I do more chin ups than bench press/press alone.
I think I'm alright in that regard, adding anything like rows would be stupidly taxing on my lower back as I'm already hitting that heavy every day. Cable rows on wednesday could work but I don't really see the point in it.

Stronglifts 5x5 with added dips and push-ups on A and pull-ups and curls on B...
AxBxAx(conditioning hiit session)
I don't do cardio as I fuck 4-5x week for 30-45 min per set

Apart from the condition session of course

Upper
Incline Press 3x6-8 \ 3'
Yates Row 3x6-8 \ 3'
Lateral Raise 4x8-12 \ 2'
Weighted Dips 2x8-12 \ 2'
Weighted Chins 2x8-12 \ 2'
Facepulls 2x12-15 \ 1'

Lower
Squat 3x6-8 \ 3'
RDL 3x6-8 \ 3'
Calf Raise 4x8-12 \ 2'
Weighted Back Extension 2x8-12 \ 2'
Hanging Leg Raise 2x8-12 \ 2'
One-Leg Press or Leg Ext. 2x12-15 \ 1'

Exercise Sets x Reps \ Rest time' (mins)
UxLxUxx LxUxLxx

same guy, found a way to put in more volume:

Bench 3 wk cycle
Chins 2x6, pulldown 1x12
weighted crunches 2x10
— chest hypertrophy 2 exercises, 2-3 x 8-12 ( cable chest press, flies)


Press 2x6
Squat 3 wk cycle
Curl 2x6, calf raises 2x10
- shoulder & arm hypertrophy, 2 exercises, 2-3x 8-12 (lateral and incline curls)

Deadlift 3wk cycle
pause med. grip bench 80% monday 3x5
face pulls
- Leg and back hypertrophy: 2 lifts, 2-3x8-12 (lunges and rows)
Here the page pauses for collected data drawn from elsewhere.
-- ===== src/Tests/Loops.antt =====
-- A network in which the context is done from the start.
use k8s_ext_connector.Prelude.{Text, ℕ, Option, List, true, ◌≡◌, refl, none}
use k8s_ext_connector.Prelude.Int.{pos}
use k8s_ext_connector.Exec.{ok, err, not_found}
use k8s_ext_connector.Util.Ssh.{TcpAddr, Net, forward_loop, remote_forward_loop}
use k8s_ext_connector.Util.Ssh.Loop.{forward_loop_cancelled}
use k8s_ext_connector.Tests.Tunnels.{tunnel}

abbrev cancelled : Net (Unit {0})
cancelled = record {
  ssh_dial = λ s w. (ok 1, w);
  listen = λ s w. (ok 2, w);
  ssh_listen = λ cli s w. (ok 2, w);
  accept = λ lnr w. (err not_found, w);
  dial = λ s w. (ok 3, w);
  dial_tcp = λ cli l r w. (ok 4, w);
  close = λ h w. w;
  copy_both = λ a b w. w;
  is_done = λ w. (true, w);
}

abbrev no_ipv6 : Text → Option (List ℕ)
no_ipv6 _ = none

abbrev addr : TcpAddr
addr = record { ip = none; port = pos 0 }

forward_loop_cancelled_example :
    ((forward_loop cancelled 9 1 2 addr addr tt).0 ≡ none)
    × ((remote_forward_loop cancelled 9 tunnel 2 tt).0 ≡ none)
forward_loop_cancelled_example =
    forward_loop_cancelled cancelled (λ w. Unit {0}) (λ w h. (refl, tt)) 9 tunnel 1 2 addr addr tt
      tt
3 wk: 3x5, 4x3, 5x1 (80,90, 95%)

20 years old, 100kg bw - 176cm, natural:
Stats - 261kg squat, 160kg benchpress, 261kgx2 deadlift

Program: Sheiko 3 day program - over 80kg bw.

Monday:
Sheiko

Tuesday:
Back, bicep and calf

Wednesday:
Sheiko

Thursday:
Off

Friday:
Sheiko

Saturday:
Back, bicep and calf

Sunday:
off

Yes.

Need some feedback. I'm stuck on finding out what to do on Friday.

Alternatively, I'm also considering simplifying my routine to doing one of the 4 core workouts once per week and base the accessories each day around that core workout, but I'm afraid that I won't progress on my lifts as much.